Steps to Reproduce the Issue

Below is a minimal repro script nccl_debug.py:

# Test PyTorch NCCL
import torch
import torch.distributed as dist
import os

# Initialize distributed to get rank
dist.init_process_group(backend='nccl')
rank = dist.get_rank()
world_size = dist.get_world_size()

# Collect information silently
cuda_visible_devices = os.environ.get('CUDA_VISIBLE_DEVICES', 'NOT SET')
nccl_p2p_disable = os.environ.get('NCCL_P2P_DISABLE', 'NOT SET')

# Collect NCCL environment variables
nccl_env_vars = []
for key, value in sorted(os.environ.items()):
    if 'NCCL' in key:
        nccl_env_vars.append(f"{key}: {value}")

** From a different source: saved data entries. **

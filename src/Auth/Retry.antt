-- ===== src/Auth/Retry.antt =====
-- redpanda/cloud/auth/retry.go: when a request to the token endpoint is sent again.
use terraform_provider_redpa.Base.{
  ℕ, ◌-◌, ◌*◌, ◌%◌, ◌^◌, ◌≤◌, ◌≡◌, ◌↔◌, Bool, true, false, ◌&&◌, Option, none, some, [], ◌∷◌, arith,
  ltb, ◌==◌, if◌then◌else◌, Text, ℤ, pos, negsuc, atoi,
}
use terraform_provider_redpa.Errors.{GoError, plain_error}

-- The bits of an int64, read as a signed number.
abbrev pub wrap64 : ℕ → ℤ
wrap64 n = if ltb (n % 2 ^ 64) (2 ^ 63) then pos (n % 2 ^ 64) else negsuc (2 ^ 64 - n % 2 ^ 64 - 1)

-- `time.Duration(secs) * time.Second`.
unfoldable pub seconds : ℕ → ℤ
seconds secs = wrap64 (secs * 1000000000)

-- 30 seconds.
abbrev pub retry_wait_max : ℕ
retry_wait_max = 30000000000

abbrev non_negative : Option ℤ → Option ℤ
non_negative none = none
non_negative (some (negsuc n)) = none
non_negative (some (pos n)) = some (seconds n)

unfoldable pub parse_retry_after : Text → Option ℤ
unfolding seconds
parse_retry_after [] = none
parse_retry_after (c ∷ s) = non_negative (atoi (c ∷ s))

-- The header is that of Retry-After, empty if it is missing.
pub record Response : Type 0 where
  pub status_code : ℕ
  pub retry_after : Text

abbrev exceeds : Option ℤ → Bool
exceeds none = false
exceeds (some (negsuc n)) = false
exceeds (some (pos n)) = ltb retry_wait_max n

abbrev pub is_too_long : Option Response → Bool
is_too_long none = false
is_too_long (some resp) = resp.status_code == 429 && exceeds (parse_retry_after resp.retry_after)

-- checkRetry over what retryablehttp.DefaultRetryPolicy returns. The text of the error names the
-- duration, which the standard library prints.
unfoldable pub check_retry :
    (too_long_text : Text) → Bool × Option GoError → Option Response → Bool × Option GoError
check_retry too_long_text (should_retry, some err) resp = (should_retry, some err)
check_retry too_long_text (false, none) resp = (false, none)
check_retry too_long_text (true, none) resp =
    if is_too_long resp then (false, some (plain_error too_long_text)) else (true, none)

-- A request is sent again without an error exactly if the default policy says so and the endpoint
-- does not ask, with status 429, for a wait of more than 30 seconds.
pub check_retry_iff :
    (text : Text) (policy : Bool × Option GoError) (resp : Option Response)
    → (check_retry text policy resp ≡ (true, none))
      ↔ ((policy ≡ (true, none)) × (is_too_long resp ≡ false))
unfolding check_retry
check_retry_iff text (b, some err) resp = ground arith
check_retry_iff text (false, none) resp = ground arith
check_retry_iff text (true, none) resp = ground arith

-- The wait that a header of up to 9223372036 seconds asks for is taken as it stands.
pub seconds_exact : (secs : ℕ) → secs ≤ 9223372036 → seconds secs ≡ pos (secs * 1000000000)
unfolding seconds
seconds_exact secs h = ground arith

# Collect PyTorch and CUDA information
pytorch_version = torch.__version__
cuda_available = torch.cuda.is_available()
device_count = torch.cuda.device_count()
nccl_version = torch.cuda.nccl.version() if cuda_available else "N/A"
device_names = []
if cuda_available:
    for i in range(device_count):
        device_names.append(f"Device {i}: {torch.cuda.get_device_name(i)}")

# Set up device
local_rank = rank % device_count
dev = torch.device("cuda", local_rank)
device_name = torch.cuda.get_device_name(dev)
torch.cuda.set_device(dev)
current_device = torch.cuda.current_device()

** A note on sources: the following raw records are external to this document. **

-- ===== src/Auth/Source.antt =====
-- redpanda/cloud/auth/source.go and paths.go: which source of tokens is built.
use terraform_provider_redpa.Base.{
  ◌≡◌, refl, ◌≢◌, ◌↔◌, Bool, true, false, Option, none, some, [], ◌∷◌, ◌++◌, arith, if◌then◌else◌,
  Text, codes, same, is_empty,
}
use terraform_provider_redpa.Errors.{plain_error, Reply, reply, refused}

unfoldable pub cache_key : Text → Text → Text
cache_key audience client_id = audience ++ (codes ":" ++ client_id)

-- The environment: the user's cache directory, if there is one, and the variable that disables the
-- cache. `filepath.Join` is the standard library's.
pub record Environment : Type 0 where
  pub user_cache_dir : Option Text
  pub cache_disable : Text
  pub file_path_join : Text → Text → Text → Text

unfoldable pub cache_disabled : Environment → Bool
cache_disabled env = same env.cache_disable (codes "1")

unfoldable pub cache_file_path : Environment → Text
cache_file_path env = elim env.user_cache_dir [
  | none ↦ []
  | some dir ↦ env.file_path_join dir (codes "redpanda/provider") (codes "creds-cache.json")
]

-- The inner client_credentials source alone, or behind the cache file.
pub data TokenSource : Type 0 where
  uncached : TokenSource
  caching : (file key : Text) → TokenSource

unfoldable pub build_token_source :
    Environment → (token_url audience client_id client_secret : Text) → Reply TokenSource
build_token_source env token_url audience client_id client_secret =
    if is_empty client_id
    then refused (plain_error (codes "client id is empty"))
    else if is_empty client_secret
    then refused (plain_error (codes "client secret is empty"))
    else if is_empty token_url
    then refused (plain_error (codes "token url is empty"))
    else if cache_disabled env
    then reply uncached
    else if is_empty (cache_file_path env)
    then reply uncached
    else reply (caching (cache_file_path env) (cache_key audience client_id))

abbrev pub HasNoColon : Text → Type 0
HasNoColon [] = Unit
HasNoColon (c ∷ s) = (c ≢ b':') × HasNoColon s

colon_inside : (s t : Text) → ¬ HasNoColon (s ++ b':' ∷ t)
colon_inside [] t h = h.0 refl
colon_inside (c ∷ s) t h = colon_inside s t h.1

split_at_colon :
    (a b c d : Text)
    → HasNoColon c
    → HasNoColon d
    → a ++ b':' ∷ c ≡ b ++ b':' ∷ d
    → (a ≡ b) × (c ≡ d)
split_at_colon [] [] c d h k e = (refl, cc)
split_at_colon [] (x ∷ b) c d h k e =
    let inside : c ≡ b ++ b':' ∷ d = cc in absurd (colon_inside b d (rw inside at h))
split_at_colon (x ∷ a) [] c d h k e =
    let inside : a ++ b':' ∷ c ≡ d = cc in absurd (colon_inside a c (rw (← inside) at k))
split_at_colon (x ∷ a) (y ∷ b) c d h k e =
    let (same_a, same_c) = split_at_colon a b c d h k (cc) in (cc, same_c)

-- Two service principals share an entry of the cache only if they are one, as long as client IDs
-- hold no colon.
cache_key_injective :
    (audience audience' client client' : Text)
    → HasNoColon client
    → HasNoColon client'
    → cache_key audience client ≡ cache_key audience' client'
    → (audience ≡ audience') × (client ≡ client')
unfolding cache_key
cache_key_injective audience audience' client client' h k e =
    split_at_colon audience audience' client client' h k e

is_empty_iff : (s : Text) → (is_empty s ≡ true) ↔ (s ≡ [])
is_empty_iff [] = (λ h. refl, λ h. refl)
is_empty_iff (c ∷ s) = (λ h. cc, λ h. cc)

-- The cache is used exactly when the credentials are complete, it is not disabled, and there is a
-- directory for it; then its key is the principal's.
build_token_source-caching_iff :
    (env : Environment) (token_url audience client_id client_secret file key : Text)
    → (build_token_source env token_url audience client_id client_secret ≡ reply (caching file key))
      ↔ ((client_id ≢ [])
          × (client_secret ≢ [])
          × (token_url ≢ [])
          × (cache_disabled env ≡ false)
          × (cache_file_path env ≢ [])
          × (file ≡ cache_file_path env)
          × (key ≡ cache_key audience client_id))
unfolding build_token_source
build_token_source-caching_iff env url aud [] secret file key = (λ h. cc, λ h. absurd (h.0 refl))
build_token_source-caching_iff env url aud id [] file key = (λ h. cc, λ h. absurd (h.1 refl))
build_token_source-caching_iff env url aud id secret file key =
    ground (arith, is_empty_iff url, is_empty_iff (cache_file_path env))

# Create tensors and perform all_gather
x = torch.full((4,), float(rank), device=dev)
out = [torch.empty_like(x) for _ in range(world_size)]

dist.barrier()
dist.all_gather(out, x)
dist.barrier()

# Verify results
results = []
all_passed = True
for i, t in enumerate(out):
    expected = float(i)
    actual = t[0].item()
    passed = torch.all(t == float(i))
    results.append(f"  From rank {i}: {t.tolist()} (expected {expected}, got {actual}) - {'✓' if passed else '✗'}")
    if not passed:
        all_passed = False

# Build entire summary as a single string to print atomically
summary_lines = []
summary_lines.append(f"\n{'='*80}")
summary_lines.append(f"[RANK {rank}/{world_size}] NCCL DEBUG SUMMARY")
summary_lines.append(f"{'='*80}")
summary_lines.append(f"[ENVIRONMENT]")
summary_lines.append(f"  CUDA_VISIBLE_DEVICES: {cuda_visible_devices}")
summary_lines.append(f"  NCCL_P2P_DISABLE: {nccl_p2p_disable}")
if nccl_env_vars:
    summary_lines.append(f"  NCCL environment variables:")
    for nccl_var in nccl_env_vars:
        summary_lines.append(f"    {nccl_var}")

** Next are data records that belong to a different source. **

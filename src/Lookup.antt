-- ===== src/Lookup.antt =====
-- redpanda/cloud/controlplane.go: finding entities of the control plane by ID or by name.
-- A gRPC service is a function from the request to its reply; the generated getters of the replies
-- are nil-safe, so an absent entity is `none`.
pub mod Laws
pub mod Digits
mod Tests
use terraform_provider_redpa.Base.{
  ℕ, ◌≡◌, Bool, true, false, not, ◌&&◌, ◌||◌, Option, none, some, List, [], ◌∷◌, ◌++◌, ◌==◌,
  if◌then◌else◌, is_some, Text, codes, same, is_empty,
}
use terraform_provider_redpa.Errors.{GoError, plain_error, Reply, reply, refused}

-- `fmt.Errorf` with `%w` last: the text is put before the error's. What gRPC then finds as the status
-- is the library's affair.
pub record Wrapping : Type 0 where
  pub wrap : Text → GoError → GoError
  pub wrap-text : (t : Text) (err : GoError) → (wrap t err).text ≡ t ++ err.text

abbrev escape : ℕ → Text
escape c = if c == 34 || c == 92 then 92 ∷ c ∷ [] else c ∷ []

abbrev escape_all : Text → Text
escape_all [] = []
escape_all (c ∷ s) = escape c ++ escape_all s

-- `%q`, for printable ASCII.
abbrev pub quote : Text → Text
quote s = 34 ∷ (escape_all s ++ 34 ∷ [])

unfoldable pub request_failed : Text → Text → Text
request_failed kind id =
    codes "unable to request " ++ (kind ++ (codes " with ID " ++ (quote id ++ codes ": ")))

module _ {E : Type 0} where
  -- The loop of getByName, and its error at the end.
  unfoldable pub first_named : Text → Text → (E → Text) → List E → Reply E
  first_named kind name name_of [] =
      refused (plain_error (kind ++ (codes " " ++ (quote name ++ codes " not found"))))
  first_named kind name name_of (item ∷ items) =
      if same (name_of item) name then reply item else first_named kind name name_of items

module _ (wr : Wrapping) {E : Type 0} where
  abbrev checked : Text → Text → Reply (Option E) → Reply E
  checked kind id (refused err) = refused (wr.wrap (request_failed kind id) err)
  checked kind id (reply none) = refused (
      plain_error (
        codes "unable to find "
        ++ (kind
            ++ (codes " with ID "
                ++ (quote id ++ codes "; please report this bug to Redpanda Support")))))
  checked kind id (reply (some entity)) = reply entity

  unfoldable pub get_by_id : Text → Text → (Text → Reply (Option E)) → Reply E
  unfolding request_failed
  get_by_id kind id get = checked kind id (get id)

  abbrev listed : Text → Text → (E → Text) → Reply (List E) → Reply E
  listed kind name name_of (refused err) =
      refused (wr.wrap (codes "unable to list " ++ (kind ++ codes "s: ")) err)
  listed kind name name_of (reply items) = first_named kind name name_of items

  unfoldable pub get_by_name : Text → Text → (Text → Reply (List E)) → (E → Text) → Reply E
  get_by_name kind name list name_of = listed kind name name_of (list name)

-- The entities, by the fields that this file reads.
pub record ResourceGroup : Type 0 where
  pub id : Text
  pub name : Text

pub record DataplaneApi : Type 0 where
  pub url : Text

pub record Cluster : Type 0 where
  pub id : Text
  pub name : Text
  pub dataplane_api : Option DataplaneApi

pub record ServerlessCluster : Type 0 where
  pub id : Text
  pub name : Text
  pub dataplane_api : Option DataplaneApi

-- The services of the client set that the functions below call; a list request carries its name
-- filter, and `all_resource_groups` carries none (`none` in the reply is a nil list).
pub record ControlPlane : Type 0 where
  pub get_cluster : Text → Reply (Option Cluster)
  pub list_clusters : Text → Reply (List Cluster)
  pub get_serverless_cluster : Text → Reply (Option ServerlessCluster)
  pub get_resource_group : Text → Reply (Option ResourceGroup)
  pub list_resource_groups : Text → Reply (List ResourceGroup)
  pub all_resource_groups : Reply (Option (List ResourceGroup))
  pub create_resource_group : Text → Reply (Option ResourceGroup)

module _ (wr : Wrapping) (cp : ControlPlane) where
  unfoldable pub cluster_for_id : Text → Reply Cluster
  cluster_for_id id =
      if is_empty id
      then refused (plain_error (codes "cluster ID is empty"))
      else get_by_id wr (codes "cluster") id cp.get_cluster

  unfoldable pub cluster_for_name : Text → Reply Cluster
  cluster_for_name name = get_by_name wr (codes "cluster") name cp.list_clusters (λ c. c.name)

  unfoldable pub serverless_cluster_for_id : Text → Reply ServerlessCluster
  serverless_cluster_for_id id =
      get_by_id wr (codes "serverless cluster") id cp.get_serverless_cluster

  unfoldable pub resource_group_for_id : Text → Reply ResourceGroup
  resource_group_for_id id = get_by_id wr (codes "resource group") id cp.get_resource_group

  unfoldable pub resource_group_for_name : Text → Reply ResourceGroup
  resource_group_for_name name =
      get_by_name wr (codes "resource group") name cp.list_resource_groups (λ g. g.name)

  abbrev created : Reply (Option ResourceGroup) → Reply ResourceGroup
  created (refused err) = refused err
  created (reply none) = refused (
      plain_error (
        codes
          "error after creating resource group; provider response was empty. Please report this issue to the provider developers"))
  created (reply (some group)) = reply group

  unfoldable pub create_resource_group : Text → Reply ResourceGroup
  create_resource_group name = created (cp.create_resource_group name)

  abbrev agreeing : Text → Text → Reply ResourceGroup → Reply ResourceGroup
  agreeing id name (refused err) = refused err
  agreeing id name (reply group) =
      if not (is_empty name) && not (same group.name name)
      then refused (
          plain_error (
            codes "unable to find resource group with id "
            ++ (quote id ++ (codes " and name " ++ quote name))))
      else reply group

  abbrev only : Reply (Option (List ResourceGroup)) → Reply ResourceGroup
  only (refused err) = refused (wr.wrap (codes "unable to find resource groups: ") err)
  only (reply none) = refused (
      plain_error
        (codes "provider response was empty. Please report this issue to the provider developers"))
  only (reply (some [])) =
      refused (plain_error (codes "unable to find any resource group matching filters"))
  only (reply (some (g ∷ []))) = reply g
  only (reply (some (g ∷ h ∷ gs))) =
      refused (plain_error (codes "found more than one resource group matching filters"))

  unfoldable pub resource_group_for_id_or_name : Text → Text → Reply ResourceGroup
  resource_group_for_id_or_name id name =
      if not (is_empty id)
      then agreeing id name (resource_group_for_id id)
      else if not (is_empty name)
      then resource_group_for_name name
      else only cp.all_resource_groups

-- `cl.GetDataplaneApi().GetUrl()`, nil-safe.
abbrev url_of : Option DataplaneApi → Text
url_of none = []
url_of (some api) = api.url

unfoldable pub dataplane_url_or_not_ready : Text → Bool → Text → Bool → Reply Text
dataplane_url_or_not_ready url present cluster_id serverless =
    if present
    then reply url
    else if serverless
    then refused (
        plain_error (
          codes "serverless cluster "
          ++ (quote cluster_id ++ codes " has no dataplane API URL yet")))
    else refused (
        plain_error (
          codes "cluster "
          ++ (quote cluster_id
              ++ codes
                  " has no dataplane API URL yet; try importing after the cluster reaches READY state")))

module _ (wr : Wrapping) (cp : ControlPlane) where
  abbrev from_serverless : Text → GoError → Reply ServerlessCluster → Reply Text
  from_serverless id cerr (reply sl) =
      dataplane_url_or_not_ready (url_of sl.dataplane_api) (is_some sl.dataplane_api) id true
  from_serverless id cerr (refused serr) = refused (
      plain_error (
        codes "failed to resolve cluster "
        ++ (quote id
            ++ (codes ": " ++ (cerr.text ++ (codes "; serverless lookup: " ++ serr.text))))))

  abbrev from_cluster : Text → Reply Cluster → Reply Text
  from_cluster id (reply cl) =
      dataplane_url_or_not_ready (url_of cl.dataplane_api) (is_some cl.dataplane_api) id false
  from_cluster id (refused cerr) = from_serverless id cerr (serverless_cluster_for_id wr cp id)

  -- A reply without an error holds an entity here, so the last error of the source, for a nil entity
  -- without an error, is never reached.
  unfoldable pub dataplane_url_for_cluster : Text → Reply Text
  unfolding dataplane_url_or_not_ready
  dataplane_url_for_cluster id = from_cluster id (cluster_for_id wr cp id)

summary_lines.append(f"[PYTORCH & CUDA]")
summary_lines.append(f"  PyTorch version: {pytorch_version}")
summary_lines.append(f"  CUDA available: {cuda_available}")
summary_lines.append(f"  CUDA device count: {device_count}")
summary_lines.append(f"  NCCL version: {nccl_version}")
for device_name_line in device_names:
    summary_lines.append(f"  {device_name_line}")

summary_lines.append(f"[DEVICE ASSIGNMENT]")
summary_lines.append(f"  Local rank: {local_rank}")
summary_lines.append(f"  Assigned device: {dev}")
summary_lines.append(f"  Device name: {device_name}")
summary_lines.append(f"  Current device: {current_device}")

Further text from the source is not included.